Accordingly, readers should not place undue reliance on forward-looking statements. The forward-looking information contained in this press release is expressly qualified by this cautionary statement. Any forward-looking information and the assumptions made with respect thereto speaks only as of the date of this press release. Denison does not undertake any obligation to publicly update or revise any forward-looking information after the date of this press release to conform such information to actual results or to changes in its expectations except as otherwise required by applicable legislation.

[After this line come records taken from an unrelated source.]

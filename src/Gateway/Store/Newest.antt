-- ===== src/Gateway/Store/Newest.antt =====
-- Which of two slots is chosen, after one of them was lost or written.
use radio_sensors.Prelude.{ℕ, ◌^◌, ◌<◌, ◌≡◌, ◌⊎◌, inl, inr, refl, true, Option, none, some, arith}
use radio_sensors.Gateway.Store.{holding, newest_of, next_generation, target_slot}

module _ {M : Type 0} (d : M) where
  -- The value that is not in the target slot survives the loss of the target slot.
  pub newest_of-lost_first :
      (a b : Option (M × ℕ))
      → (newest_of d a b).is_loaded ≡ true
      → target_slot (newest_of d a b) ≡ 0
      → newest_of d none b ≡ newest_of d a b
  unfolding newest_of
  newest_of-lost_first none b h t = refl
  newest_of-lost_first (some x) none h t = ground (arith, t)
  newest_of-lost_first (some x) (some y) h t = ground (arith, t)

  pub newest_of-lost_second :
      (a b : Option (M × ℕ))
      → (newest_of d a b).is_loaded ≡ true
      → target_slot (newest_of d a b) ≡ 1
      → newest_of d a none ≡ newest_of d a b
  unfolding newest_of
  newest_of-lost_second a none h t = refl
  newest_of-lost_second none (some y) h t = ground (arith, t)
  newest_of-lost_second (some x) (some y) h t = ground (arith, t)

  -- A value of the next generation in the target slot is chosen.
  pub newest_of-first :
      (a b : Option (M × ℕ)) (v : M)
      → ((x : M × ℕ) → (a ≡ some x) ⊎ (b ≡ some x) → x.1 < 2 ^ 32)
      → target_slot (newest_of d a b) ≡ 0
      → newest_of d (some (v, next_generation (newest_of d a b))) b
        ≡ holding 0 (v, next_generation (newest_of d a b))
  unfolding newest_of
  newest_of-first none none v lt t = refl
  newest_of-first none (some y) v lt t = ground (arith, lt y (inr refl), t)
  newest_of-first (some x) none v lt t = ground (arith, t)
  newest_of-first (some x) (some y) v lt t = ground (arith, lt x (inl refl), lt y (inr refl), t)

  pub newest_of-second :
      (a b : Option (M × ℕ)) (v : M)
      → ((x : M × ℕ) → (a ≡ some x) ⊎ (b ≡ some x) → x.1 < 2 ^ 32)
      → target_slot (newest_of d a b) ≡ 1
      → newest_of d a (some (v, next_generation (newest_of d a b)))
        ≡ holding 1 (v, next_generation (newest_of d a b))
  unfolding newest_of
  newest_of-second none none v lt t = ground (arith, t)
  newest_of-second none (some y) v lt t = ground (arith, t)
  newest_of-second (some x) none v lt t = ground (arith, lt x (inl refl), t)
  newest_of-second (some x) (some y) v lt t = ground (arith, lt x (inl refl), lt y (inr refl), t)

  pub target_slot-newest_of :
      (a b : Option (M × ℕ))
      → (target_slot (newest_of d a b) ≡ 0) ⊎ (target_slot (newest_of d a b) ≡ 1)
  unfolding newest_of
  target_slot-newest_of none none = inl refl
  target_slot-newest_of none (some y) = inl refl
  target_slot-newest_of (some x) none = inr refl
  target_slot-newest_of (some x) (some y) = ground arith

Cautionary Note to United States Investors Concerning Estimates of Measured, Indicated and Inferred Mineral Resources: This press release may use the terms “measured”, “indicated” and “inferred” mineral resources. United States investors are advised that while such terms are recognized and required by Canadian regulations, the United States Securities and Exchange Commission does not recognize them. “Inferred mineral resources” have a great amount of uncertainty as to their existence, and as to their economic and legal feasibility. It cannot be assumed that all or any part of an inferred mineral resource will ever be upgraded to a higher category. Under Canadian rules, estimates of inferred mineral resources may not form the basis of feasibility or other economic studies. United States investors are cautioned not to assume that all or any part of measured or indicated mineral resources will ever be converted into mineral reserves. United States investors are also cautioned not to assume that all or any part of an inferred mineral resource exists, or is economically or legally mineable.